Race Recap: Via Half Marathon 2015

First, let me show you a picture of my recovery dinner. (I had a pretty boring postrace brunch, simply because I was queasy from the run.)

salad

That’s supposed to be a salad, guys. It was probably 25% lettuce and tomato, 25% buffalo chicken and egg, and 50% bacon crumbles and shredded cheese. There was too much bacon and cheese, and I don’t think I’ve ever put the words “too much” before “bacon” or “cheese” before.

Anyway, onward:

On Sunday, I ran a new-to-me Lehigh Valley half, the Via Half Marathon. I’d never run this race (or the marathon that happens with it) before because race day tends to be humid and warm, and the course is almost entirely on a rail trail (zzz). But I figured I’d need some kind of goal to get me running again after my Spring of Laziness, so I signed up back in March.

I was hoping I’d be able to go sub-1:40. I finished in 1:39:40. Score! And I did it all without a watch. (Well, technically, I was wearing a watch—for the time, I didn’t want to miss the start—but I didn’t use the stopwatch function or look at it pretty much at all.)

You know what's confusing? When the two women directly ahead of you have your same name.

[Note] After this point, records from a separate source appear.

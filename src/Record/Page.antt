-- ===== src/Record/Page.antt =====
-- record_manager.cpp and record_manager.h: RecordPageHandler, the records of one page. The header at
-- the front of the frame's data is a record of its own; the bitmap and the records stand in one
-- memory, at the source's offsets. Slot numbers are not negative. The counter `record_num` is an
-- int32_t, kept as its bit pattern.
pub mod Count
pub mod Valid
pub mod Fill
pub mod Insert
pub mod Change
pub mod Views
pub mod Recovery
use oceanbase_jp.Prelude.{
  ℕ, ◌+◌, ◌-◌, ◌*◌, ◌%◌, ◌^◌, Bool, true, false, Option, none, some, List, leb, ◌==◌, if◌then◌else◌,
}
use oceanbase_jp.Prelude.Memory.{Mem, copy_in, zero_out, read}
use oceanbase_jp.Prelude.Run.{Run, ok, fault, ◌>>=◌}
use oceanbase_jp.Rc.{
  Rc, success, invalid_argument, record_nomem, record_invalidrid, record_record_not_exist,
}
use oceanbase_jp.Lang.Bitmap.{Bitmap, get_bit, set_bit, clear_bit, next_unsetted_bit}
use oceanbase_jp.Record.Layout.{
  align8, page_fix_size, page_data_size, page_record_capacity, page_bitmap_size, page_header_size,
}

pub record Rid : Type 0 where
  pub page_num : ℕ
  pub slot_num : ℕ

-- The data pointer is an address in the page.
pub record Record : Type 0 where
  pub rid : Rid
  pub data_ : ℕ

pub record PageHeader : Type 0 where
  pub record_num : ℕ
  pub record_capacity : ℕ
  pub record_real_size : ℕ
  pub record_size : ℕ
  pub first_record_offset : ℕ

-- A frame with a page of records.
pub record RecordPage : Type 0 where
  pub page_num : ℕ
  pub header : PageHeader
  pub bytes : Mem
  pub dirty : Bool

abbrev pub bitmap_of : PageHeader → Bitmap
bitmap_of h = record { bitmap = page_fix_size; size = h.record_capacity }

unfoldable pub get_record_data : PageHeader → ℕ → ℕ
get_record_data h slot_num = h.first_record_offset + h.record_size * slot_num

-- `record_num--` on an int32_t.
unfoldable pub decrement : ℕ → ℕ
decrement n = (n + 2 ^ 32 - 1) % 2 ^ 32

-- `record_num >= record_capacity` on int32_t; a capacity is not negative.
unfoldable pub is_full : RecordPage → Bool
is_full p =
    if leb (2 ^ 31) p.header.record_num
    then false
    else leb p.header.record_capacity p.header.record_num

-- What `init_empty_page` writes into a frame's data; pinning and flushing are the pool's.
unfoldable pub init_empty_page : ℕ → Mem → ℕ → RecordPage
init_empty_page page_num bytes record_size =
    let record_phy_size = align8 record_size in
    let capacity = page_record_capacity page_data_size record_phy_size in
    record {
      page_num = page_num;
      header = record {
        record_num = 0;
        record_capacity = capacity;
        record_real_size = record_size;
        record_size = record_phy_size;
        first_record_offset = page_header_size capacity;
      };
      bytes = zero_out bytes page_fix_size (page_bitmap_size capacity);
      dirty = false;
    }

-- The bit, the count and the bytes of a record that comes into a slot.
unfoldable pub slot_filled : RecordPage → Mem → ℕ → RecordPage
slot_filled p src index =
    let h = p.header in
    record p {
      header = record h { record_num = h.record_num + 1 };
      bytes =
          copy_in (set_bit p.bytes (bitmap_of h) index) (get_record_data h index) src
            h.record_real_size;
      dirty = true;
    }

-- The bytes of a record in a slot end within the data of the page.
abbrev pub ends_in_page : PageHeader → ℕ → Bool
ends_in_page h index = leb (get_record_data h index + h.record_real_size) page_data_size

-- A copy that goes on behind the data of the page leaves defined behaviour.
unfoldable pub fill_slot : RecordPage → Mem → ℕ → Run RecordPage
unfolding slot_filled
fill_slot p src index = if ends_in_page p.header index then ok (slot_filled p src index) else fault

-- A bitmap with no free slot under a count that says otherwise would have the source set bit -1.
unfoldable pub insert_record : RecordPage → Mem → Run (Rc × Option Rid × RecordPage)
unfolding fill_slot
insert_record p src =
    if p.header.record_num == p.header.record_capacity
    then ok (record_nomem, none, p)
    else elim (next_unsetted_bit p.bytes (bitmap_of p.header) 0) [
      | none ↦ fault
      | some index ↦ fill_slot p src index >>= λ q.
          ok (success, some (record { page_num = p.page_num; slot_num = index }), q)
    ]

unfoldable pub recover_insert_record : RecordPage → Mem → Rid → Run (Rc × RecordPage)
unfolding fill_slot
recover_insert_record p src rid =
    if p.header.record_num == p.header.record_capacity
    then ok (record_nomem, p)
    else if leb p.header.record_capacity rid.slot_num
    then ok (record_nomem, p)
    else fill_slot p src rid.slot_num >>= λ q. ok (success, q)

-- The slot is in use, so that its bytes were written before. `recover_update_record` has the same
-- text.
unfoldable pub update_record : RecordPage → Rid → Mem → Rc × RecordPage
update_record p rid src =
    let h = p.header in
    if leb h.record_capacity rid.slot_num
    then (invalid_argument, p)
    else if get_bit p.bytes (bitmap_of h) rid.slot_num
    then (
      success,
      record p {
        bytes =
            set_bit (copy_in p.bytes (get_record_data h rid.slot_num) src h.record_real_size)
              (bitmap_of h) rid.slot_num;
        dirty = true;
      },
    )
    else (record_record_not_exist, p)

-- The last part says whether the page became empty, so that the caller's pool disposes of it.
unfoldable pub delete_record : RecordPage → Rid → Rc × RecordPage × Bool
delete_record p rid =
    let h = p.header in
    if leb h.record_capacity rid.slot_num
    then (invalid_argument, p, false)
    else if get_bit p.bytes (bitmap_of h) rid.slot_num
    then (
      success,
      record p {
        header = record h { record_num = decrement h.record_num };
        bytes = clear_bit p.bytes (bitmap_of h) rid.slot_num;
        dirty = true;
      },
      decrement h.record_num == 0,
    )
    else (record_record_not_exist, p, false)

unfoldable pub get_record : RecordPage → Rid → Rc × Option Record
get_record p rid =
    let h = p.header in
    if leb h.record_capacity rid.slot_num
    then (record_invalidrid, none)
    else if get_bit p.bytes (bitmap_of h) rid.slot_num
    then (success, some (record { rid = rid; data_ = get_record_data h rid.slot_num }))
    else (record_record_not_exist, none)

-- The bytes that a record's data pointer shows.
abbrev pub record_bytes : RecordPage → Record → List ℕ
record_bytes p r = read p.bytes r.data_ p.header.record_real_size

I heard a lot of strangers saying,

You know what’s confusing? When the two women directly ahead of you have your same name. I heard a lot of strangers saying, “Go Meghan!” and I was like, “Do I KNOW you?”

Some thoughts on this race:

On the start. Is 15-20 porta-potties for 1,000 runners enough? I don’t think so. I arrived, waited for 10 minutes, and pottied. When I was done, I saw how long the line had become and immediately got back in it for a second visit. After that, I had just enough time to warm up. Luckily, I had used my new fueling plan the day before the race—that is, not gorging on dairy and/or gluten—so I didn’t desperately need to go.

Also, the starting “gun” was a blast from a firetruck’s horn that must have woken up everyone in a one-mile radius. Sorry, Bethlehem residents.

On not wearing a watch. It sure feels nice to just run what seems to be an appropriate pace without looking at your wrist every few minutes. To think of the mental energy I’ve wasted, especially in marathons, angsting over every “too-fast” or “too-slow” mile.

On the course. Now that I’ve experienced the half course (which is the second half of the full marathon) I can promise that I’ll never run this full. There’s an obnoxious hill right at mile 6.9/20 that leads onto an obnoxious fire road with potholes and occasional rocks that are just big enough for you to turn an ankle on. That’s where I developed a side stitch, possibly due to worrying about wiping out. (It went away with some fancy breathing.)

And in the final mile, you can see and hear the finish line…across the river. First, you must conquer an out-and-back stretch, plus a couple more hills. (I’m down with hills, but considering these are two of the just three on the half course, ouch. Poorly placed.) I considered swimming to the finish line just to avoid this B.S.

On my finishing time. I’m counting this race as a win. I’ve gone sub-1:40 twice before, but both times, I had done a half-marathon-specific buildup. My training right now is geared more towards marathons…and 5Ks, I guess, because my intervals are at roughly 5K pace. (Yes, I know that these kinds of workouts aren’t super helpful for marathoners, but they’re fun, so shut up.)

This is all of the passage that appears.